DALLA NORVEGIA: VITTORIO MAGLIOLA
Altro 30 Marzo 2012 ore 14:02

Trondheim. Numeri: la settimana scorsa la Norvegia ha superato quota cinque milioni di abitanti. Nulla, se paragonato alla popolazione italiana, ma di grande valore simbolico, soprattutto se si pensa che la densità di abitanti per chilometro quadrato quassù è pari a 14, mentre in Italia è vicina ai 200. Insomma, anche se la Norvegia avesse il doppio di abitanti, come la Svezia, si starebbe sempre comodi, o meglio, si starebbe belli comodi nelle campagne, perchè nei centri urbani come Trondheim è caccia spietata agli appartamenti, con prezzi alle stelle e mutui sempre più onerosi per poterseli permettere.
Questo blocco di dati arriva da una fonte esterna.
-- ===== src/Config/Read/Lines.antt =====
-- The lines of BuildServerConfig of src/ocbridge/config.go that have no line ending in them.
use openconnect_ubuntu_touch.Common.{
  ℕ, ◌≡◌, refl, Bool, true, ◌&&◌, ◌||◌, not, ◌==◌, List, [], ◌∷◌, ◌++◌, map, All, arith, Bool-cases,
  inl, inr,
}
use openconnect_ubuntu_touch.Common.Int.{ℤ}
use openconnect_ubuntu_touch.Common.Text.{Text, codes, text_eq}
use openconnect_ubuntu_touch.Strconv.{itoa, itoa_int}
use openconnect_ubuntu_touch.Lines.{newline, carriage_return, IsLine}
use openconnect_ubuntu_touch.Net.Ip.{Ip4}
use openconnect_ubuntu_touch.Net.Parse.{format_ip}
use openconnect_ubuntu_touch.Net.Parse.Print.{
  itoa-IsNumeric, itoa_int-IsNumeric, format_ip-IsNumeric, numeric-IsLine,
}
use openconnect_ubuntu_touch.Params.{Params, Route}
use openconnect_ubuntu_touch.Config.{
  Paths, route_line, dns_line, domain_lines, proto_line, server_lines,
}

-- IsLine as a test: it computes on the literals of a line, and leaves the values.
abbrev pub is_line : Text → Bool
is_line [] = true
is_line (c ∷ s) = not (c == newline || c == carriage_return) && is_line s

abbrev pub are_lines : List Text → Bool
are_lines [] = true
are_lines (l ∷ ls) = is_line l && are_lines ls

is_line-IsLine : (s : Text) → is_line s ≡ true → IsLine s
is_line-IsLine [] h = tt
is_line-IsLine (c ∷ s) h = ground (arith, is_line-IsLine s)

is_line-true : (s : Text) → IsLine s → is_line s ≡ true
is_line-true [] h = refl
is_line-true (c ∷ s) h = ground (arith, is_line-true s)

pub are_lines-IsLine : (ls : List Text) → are_lines ls ≡ true → All IsLine ls
are_lines-IsLine [] h = tt
are_lines-IsLine (l ∷ ls) h = ground (arith, is_line-IsLine l, are_lines-IsLine ls)

pub are_lines-true : (ls : List Text) → All IsLine ls → are_lines ls ≡ true
are_lines-true [] h = refl
are_lines-true (l ∷ ls) (hl, h) = ground (arith, is_line-true l hl, are_lines-true ls h)

is_line-append : (s t : Text) → is_line (s ++ t) ≡ (is_line s && is_line t)
is_line-append [] t = refl
is_line-append (c ∷ s) t = ground (arith, is_line-append s t)

pub are_lines-append : (ks ls : List Text) → are_lines (ks ++ ls) ≡ (are_lines ks && are_lines ls)
are_lines-append [] ls = refl
are_lines-append (k ∷ ks) ls = ground (arith, are_lines-append ks ls)

format_ip-true : (a : Ip4) → is_line (format_ip a) ≡ true
format_ip-true a = is_line-true _ (numeric-IsLine _ (format_ip-IsNumeric a))

itoa-true : (n : ℕ) → is_line (itoa n) ≡ true
itoa-true n = is_line-true _ (numeric-IsLine _ (itoa-IsNumeric n))

itoa_int-true : (n : ℤ) → is_line (itoa_int n) ≡ true
itoa_int-true n = is_line-true _ (numeric-IsLine _ (itoa_int-IsNumeric n))

ruleset line_values = (is_line-append, format_ip-true, itoa-true, itoa_int-true)

pub route_lines-true : (rs : List Route) → are_lines (map route_line rs) ≡ true
unfolding route_line
route_lines-true [] = refl
route_lines-true (r ∷ rs) = simp (line_values, route_lines-true rs)

pub dns_lines-true : (ds : List Ip4) → are_lines (map dns_line ds) ≡ true
unfolding dns_line
dns_lines-true [] = refl
dns_lines-true (d ∷ ds) = simp (line_values, dns_lines-true ds)

pub domain_start-IsLine : (d : Text) → IsLine d → IsLine (codes "push \"dhcp-option DOMAIN " ++ d)
domain_start-IsLine d h =
    is_line-IsLine (codes "push \"dhcp-option DOMAIN " ++ d) (is_line-true d h)

pub domain_end-IsLine : (d : Text) → IsLine d → IsLine (d ++ codes "\"")
domain_end-IsLine d h = is_line-IsLine (d ++ codes "\"") (simp (is_line-append, is_line-true d h))

pub domain_lines-IsLine : (d : Text) → IsLine d → All IsLine (domain_lines d)
unfolding domain_lines
domain_lines-IsLine [] h = tt
domain_lines-IsLine (c ∷ d) h =
    (domain_start-IsLine ((c ∷ d) ++ codes "\"") (domain_end-IsLine (c ∷ d) h), tt)

proto_line-true : (s : Text) → is_line (proto_line s) ≡ true
unfolding proto_line
proto_line-true s = elim (Bool-cases (text_eq s (codes "udp"))) [
  | inl udp ↦ rw udp
  | inr tcp ↦ rw tcp
]

-- The paths have no line ending in them.
pub record AreLines (q : Paths) : Type 0 where
  pub ca_cert_line : IsLine q.ca_cert
  pub server_cert_line : IsLine q.server_cert
  pub server_key_line : IsLine q.server_key
  pub ccd_dir_line : IsLine q.ccd_dir
  pub auth_helper_line : IsLine q.auth_helper
  pub creds_file_line : IsLine q.creds_file

pub server_lines-true :
    (p : Params) (paths : Paths) (server : Ip4) (pool : Ip4 × Ip4) (tun_fd : ℕ) (port : ℤ)
    (proto : Text)
    → AreLines paths
    → are_lines (server_lines p paths server pool tun_fd port proto) ≡ true
unfolding server_lines
server_lines-true p paths server pool tun_fd port proto h = simp (
  line_values,
  proto_line-true,
  is_line-true _ h.ca_cert_line,
  is_line-true _ h.server_cert_line,
  is_line-true _ h.server_key_line,
  is_line-true _ h.ccd_dir_line,
  is_line-true _ h.auth_helper_line,
  is_line-true _ h.creds_file_line,
)
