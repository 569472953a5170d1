-- ===== src/Pagination.antt =====
-- frontend/src/components/ui/AppPaginationFooter.tsx and PageSizeSelector.tsx, and the query
-- parameters of the list pages (frontend/src/pages/reports/ReportListPage.tsx).
pub mod Windows
pub mod Options
pub mod Queries
mod Tests
use expense_saas.Texts.{Chars, is_given, string}
use expense_saas.Prelude.{
  ℕ, String, Option, none, some, List, [], ◌∷◌, ◌++◌, ◌==◌, ◌+◌, ◌-◌, ◌*◌, ltb, min, max, str_eq,
  if◌then◌else◌,
}

-- The numbers in the text of AppPaginationFooter: the first and the last entry, and the total.
pub record Count : Type 0 where
  pub start : ℕ
  pub end : ℕ
  pub total : ℕ

-- countText; the current page is at least 1.
unfoldable pub count_of : (current_page per_page total_count : ℕ) → Count
count_of current_page per_page total_count = record {
  start = if total_count == 0 then 0 else (current_page - 1) * per_page + 1;
  end = min (current_page * per_page) total_count;
  total = total_count;
}

-- normalizedTotalPages
abbrev pub normalized_total_pages : ℕ → ℕ
normalized_total_pages total_pages = max total_pages 1

-- DEFAULT_STANDARD_OPTIONS
abbrev pub default_standard_options : List ℕ
default_standard_options = 10 ∷ 20 ∷ 50 ∷ 100 ∷ []

-- One value among others in ascending order, each value once: what `new Set` and `sort` by the
-- difference make of a list.
unfoldable pub insert : ℕ → List ℕ → List ℕ
insert x [] = x ∷ []
insert x (y ∷ ys) =
    let rest = insert x ys in if x == y then y ∷ ys else if ltb x y then x ∷ y ∷ ys else y ∷ rest

unfoldable pub sort_unique : List ℕ → List ℕ
unfolding insert
sort_unique [] = []
sort_unique (x ∷ xs) = insert x (sort_unique xs)

-- The options of PageSizeSelector.
unfoldable pub page_sizes : (standard_options : List ℕ) (per_page : ℕ) → List ℕ
unfolding sort_unique
page_sizes standard_options per_page = sort_unique (standard_options ++ per_page ∷ [])

-- URLSearchParams, with `get`, `set` and `delete` where each name stands once.
abbrev pub Params : Type 0
Params = List (String × Chars)

unfoldable pub get : String → Params → Option Chars
get k [] = none
get k ((i, v) ∷ m) = let rest = get k m in if str_eq k i then some v else rest

unfoldable pub set : String → Chars → Params → Params
set k v [] = (k, v) ∷ []
set k v ((i, w) ∷ m) = let rest = set k v m in if str_eq k i then (i, v) ∷ m else (i, w) ∷ rest

unfoldable pub delete : String → Params → Params
delete k [] = []
delete k ((i, w) ∷ m) = let rest = delete k m in if str_eq k i then rest else (i, w) ∷ rest

-- The filters of ReportListPage.
pub data Filter : Type 0 where
  status from to : Filter

abbrev pub name_of : Filter → String
name_of status = "status"
name_of from = "from"
name_of to = "to"

-- The text of the first page.
abbrev pub first_page : Chars
first_page = b'1' ∷ []

-- handleStatusChange, handleFromChange and handleToChange
unfoldable pub handle_filter_change : Filter → Chars → Params → Params
unfolding set delete
handle_filter_change f value m =
    let next = set "page" first_page m in
    if is_given value then set (name_of f) value next else delete (name_of f) next

-- handlePageChange and handlePerPageChange
unfoldable pub handle_page_change : (new_page : ℕ) → Params → Params
unfolding set
handle_page_change new_page m = set "page" (string new_page) m

unfoldable pub handle_per_page_change : (size : ℕ) → Params → Params
unfolding set
handle_per_page_change size m = set "page" first_page (set "per_page" (string size) m)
Questo è il paradosso norvegese: un sacco di spazio per tutti ma non nelle città, che non a caso faticano a star dietro alla popolazione in crescita vorticosa, con servizi sempre più scadenti (ovviamente per gli standard norvegesi, molto più alti dei nostri). A farne le spese sono i gruppi più deboli, soprattutto gli anziani e i bambini: non è un caso che saranno loro, a monopolizzare il dibattito politico fino alle prossime elezioni, ancora lontane ma già molto sentite.Ma ci sono altri numeri interessanti, in qualche modo collegati alla spesa sociale norvegese, che ci riguardano più da vicino: per finanziare il sistema di welfare è stato creato diversi anni fa qui in Norvegia un fondo di investimento, nel quale convergono ogni anno i ricavi netti della vendita del petrolio. Questo fondo di investimento funziona esattamente come tutti gli altri fondi, e investe sia in titoli di stato che in azioni. La scorsa settimana lo Statens Pensjonsfond (questo è il suo nome) ha acquistato azioni e titoli del debito pubblico, soprattutto tedesco, francese e, sorpresa sorpresa, italiano. Si calcola che in totale il fondo di investimento dello stato norvegese possegga circa il 2,5% di tutte le azioni e abbligazioni emesse in Europa.Questo significa che in qualche modo ai norvegesi interessa, e parecchio, come va la situazione in Europa ed in Italia in particolare, perchè anche il loro benessere dipende, almeno in parte, dalla capacità dell’economia italiana di ripartire e di crescere. Allora miei cari italiani, a voi rivolgo un personale appello: se proprio non volete stare meglio per voi stessi, potreste farlo almeno per me? Una minima parte del mio benessere dipende anche da voi, e, insomma, io ci tengo. Grazie.